*Work to be completed*:
Below is some data. Retype exactly the lines starting at the one with "abbrev pub linux_base_version : ℕ" and ending at the one with "abbrev pub linux_dtb_strings : ℕ".

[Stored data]

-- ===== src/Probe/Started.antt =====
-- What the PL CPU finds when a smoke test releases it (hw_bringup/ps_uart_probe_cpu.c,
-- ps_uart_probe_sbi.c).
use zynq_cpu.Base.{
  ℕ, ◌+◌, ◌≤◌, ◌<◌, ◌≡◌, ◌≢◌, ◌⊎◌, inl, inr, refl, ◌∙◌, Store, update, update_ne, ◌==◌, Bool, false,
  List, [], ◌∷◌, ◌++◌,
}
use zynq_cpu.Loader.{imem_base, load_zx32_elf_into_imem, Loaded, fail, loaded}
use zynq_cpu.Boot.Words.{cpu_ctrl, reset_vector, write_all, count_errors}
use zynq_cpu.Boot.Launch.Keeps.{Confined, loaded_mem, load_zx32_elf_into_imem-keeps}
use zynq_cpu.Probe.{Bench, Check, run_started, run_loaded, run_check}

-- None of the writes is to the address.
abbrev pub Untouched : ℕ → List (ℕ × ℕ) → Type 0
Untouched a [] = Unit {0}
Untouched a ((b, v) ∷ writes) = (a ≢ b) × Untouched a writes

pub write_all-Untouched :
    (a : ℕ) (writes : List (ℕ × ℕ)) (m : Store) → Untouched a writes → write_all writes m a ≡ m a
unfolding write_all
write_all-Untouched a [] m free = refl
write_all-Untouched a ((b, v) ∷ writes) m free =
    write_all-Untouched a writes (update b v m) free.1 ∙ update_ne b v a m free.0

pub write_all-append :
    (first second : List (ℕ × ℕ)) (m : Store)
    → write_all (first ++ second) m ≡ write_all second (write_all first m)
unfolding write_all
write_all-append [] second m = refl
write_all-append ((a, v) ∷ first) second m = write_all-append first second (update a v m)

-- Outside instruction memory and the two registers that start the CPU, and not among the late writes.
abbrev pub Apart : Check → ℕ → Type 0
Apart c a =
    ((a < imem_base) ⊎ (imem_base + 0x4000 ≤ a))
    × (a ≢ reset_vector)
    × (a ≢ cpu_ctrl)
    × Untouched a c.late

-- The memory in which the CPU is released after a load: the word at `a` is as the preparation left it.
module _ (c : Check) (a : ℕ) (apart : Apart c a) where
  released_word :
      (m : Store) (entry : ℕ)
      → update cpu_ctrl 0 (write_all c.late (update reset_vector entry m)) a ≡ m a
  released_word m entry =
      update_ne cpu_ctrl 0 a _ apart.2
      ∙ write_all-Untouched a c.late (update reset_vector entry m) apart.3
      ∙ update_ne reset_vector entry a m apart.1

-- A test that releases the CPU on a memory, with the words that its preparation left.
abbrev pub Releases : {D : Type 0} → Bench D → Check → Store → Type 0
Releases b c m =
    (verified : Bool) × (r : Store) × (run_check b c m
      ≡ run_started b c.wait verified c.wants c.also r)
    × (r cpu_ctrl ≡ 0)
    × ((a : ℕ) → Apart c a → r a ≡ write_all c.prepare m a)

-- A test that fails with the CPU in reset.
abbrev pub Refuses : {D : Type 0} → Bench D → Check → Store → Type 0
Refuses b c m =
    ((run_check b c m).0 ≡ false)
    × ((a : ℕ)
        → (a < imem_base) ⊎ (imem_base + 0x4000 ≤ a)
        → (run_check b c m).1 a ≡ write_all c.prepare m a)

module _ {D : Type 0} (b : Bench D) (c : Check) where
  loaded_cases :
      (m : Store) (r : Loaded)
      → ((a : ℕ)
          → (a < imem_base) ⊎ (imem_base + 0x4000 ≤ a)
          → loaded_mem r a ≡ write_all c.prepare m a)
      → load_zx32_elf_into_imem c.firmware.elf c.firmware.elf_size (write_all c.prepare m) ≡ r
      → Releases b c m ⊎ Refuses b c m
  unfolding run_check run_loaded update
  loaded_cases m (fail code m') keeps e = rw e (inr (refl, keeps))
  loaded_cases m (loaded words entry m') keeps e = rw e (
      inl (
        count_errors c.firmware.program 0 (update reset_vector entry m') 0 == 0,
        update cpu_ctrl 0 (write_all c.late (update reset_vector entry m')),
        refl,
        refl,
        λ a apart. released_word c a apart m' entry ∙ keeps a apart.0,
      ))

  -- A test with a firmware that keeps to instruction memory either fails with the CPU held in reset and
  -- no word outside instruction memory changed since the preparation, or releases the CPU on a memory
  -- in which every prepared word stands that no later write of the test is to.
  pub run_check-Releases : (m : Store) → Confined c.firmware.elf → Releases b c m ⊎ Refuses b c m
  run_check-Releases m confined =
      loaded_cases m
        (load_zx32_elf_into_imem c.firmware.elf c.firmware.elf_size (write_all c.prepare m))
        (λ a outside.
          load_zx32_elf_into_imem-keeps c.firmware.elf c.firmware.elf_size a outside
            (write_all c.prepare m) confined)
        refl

* * *

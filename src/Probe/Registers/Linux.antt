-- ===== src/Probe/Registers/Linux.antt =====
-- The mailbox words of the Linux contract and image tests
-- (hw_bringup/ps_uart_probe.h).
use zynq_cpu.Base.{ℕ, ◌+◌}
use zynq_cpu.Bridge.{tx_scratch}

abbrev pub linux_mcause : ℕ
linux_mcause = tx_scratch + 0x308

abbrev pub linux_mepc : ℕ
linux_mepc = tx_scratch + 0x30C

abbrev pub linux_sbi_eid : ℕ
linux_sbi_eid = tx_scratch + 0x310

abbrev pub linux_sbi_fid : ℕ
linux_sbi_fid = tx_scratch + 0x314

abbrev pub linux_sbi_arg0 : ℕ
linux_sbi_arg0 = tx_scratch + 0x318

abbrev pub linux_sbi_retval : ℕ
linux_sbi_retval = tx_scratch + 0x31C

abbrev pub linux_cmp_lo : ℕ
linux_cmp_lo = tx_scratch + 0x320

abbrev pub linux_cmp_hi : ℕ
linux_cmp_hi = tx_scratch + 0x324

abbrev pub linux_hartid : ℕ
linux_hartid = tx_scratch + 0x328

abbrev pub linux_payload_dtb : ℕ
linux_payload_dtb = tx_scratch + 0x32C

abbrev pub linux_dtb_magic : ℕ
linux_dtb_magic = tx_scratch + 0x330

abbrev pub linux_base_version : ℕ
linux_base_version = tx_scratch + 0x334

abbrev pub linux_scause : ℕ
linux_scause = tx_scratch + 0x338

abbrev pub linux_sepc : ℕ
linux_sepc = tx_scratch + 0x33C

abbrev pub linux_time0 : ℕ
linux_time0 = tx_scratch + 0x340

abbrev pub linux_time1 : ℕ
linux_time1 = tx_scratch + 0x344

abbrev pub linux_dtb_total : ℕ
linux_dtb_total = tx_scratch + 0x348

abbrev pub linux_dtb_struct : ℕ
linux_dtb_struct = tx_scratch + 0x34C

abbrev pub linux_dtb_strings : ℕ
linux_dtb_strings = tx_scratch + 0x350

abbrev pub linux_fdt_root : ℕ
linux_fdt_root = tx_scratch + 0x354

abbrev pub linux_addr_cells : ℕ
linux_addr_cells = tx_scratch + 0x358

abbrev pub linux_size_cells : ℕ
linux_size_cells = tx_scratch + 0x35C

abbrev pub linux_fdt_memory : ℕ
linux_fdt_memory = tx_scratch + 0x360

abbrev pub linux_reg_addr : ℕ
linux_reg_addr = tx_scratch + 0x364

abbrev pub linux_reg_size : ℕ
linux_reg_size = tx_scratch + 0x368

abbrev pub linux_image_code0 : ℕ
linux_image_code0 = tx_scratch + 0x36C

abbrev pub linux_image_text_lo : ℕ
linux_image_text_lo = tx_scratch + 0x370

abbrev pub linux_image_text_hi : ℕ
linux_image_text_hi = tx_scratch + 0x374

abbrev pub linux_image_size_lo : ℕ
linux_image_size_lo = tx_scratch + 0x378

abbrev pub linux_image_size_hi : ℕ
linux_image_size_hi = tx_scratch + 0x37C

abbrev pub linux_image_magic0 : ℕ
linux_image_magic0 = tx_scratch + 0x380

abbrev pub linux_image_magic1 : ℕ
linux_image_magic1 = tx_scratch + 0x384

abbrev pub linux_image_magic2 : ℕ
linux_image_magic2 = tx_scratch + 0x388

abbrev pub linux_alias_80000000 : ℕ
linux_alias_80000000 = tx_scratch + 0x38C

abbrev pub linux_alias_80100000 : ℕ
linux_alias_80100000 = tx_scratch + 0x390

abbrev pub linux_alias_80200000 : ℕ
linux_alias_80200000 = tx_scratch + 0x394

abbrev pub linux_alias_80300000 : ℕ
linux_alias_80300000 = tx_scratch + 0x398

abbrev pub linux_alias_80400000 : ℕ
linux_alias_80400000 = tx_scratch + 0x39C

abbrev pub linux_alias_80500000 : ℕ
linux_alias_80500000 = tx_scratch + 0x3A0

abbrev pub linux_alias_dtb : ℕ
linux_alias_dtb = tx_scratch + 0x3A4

*Solution to this exercise*:
abbrev pub linux_base_version : ℕ
linux_base_version = tx_scratch + 0x334

abbrev pub linux_scause : ℕ
linux_scause = tx_scratch + 0x338

abbrev pub linux_sepc : ℕ
linux_sepc = tx_scratch + 0x33C

abbrev pub linux_time0 : ℕ
linux_time0 = tx_scratch + 0x340

abbrev pub linux_time1 : ℕ
linux_time1 = tx_scratch + 0x344

abbrev pub linux_dtb_total : ℕ
linux_dtb_total = tx_scratch + 0x348

abbrev pub linux_dtb_struct : ℕ
linux_dtb_struct = tx_scratch + 0x34C

abbrev pub linux_dtb_strings : ℕ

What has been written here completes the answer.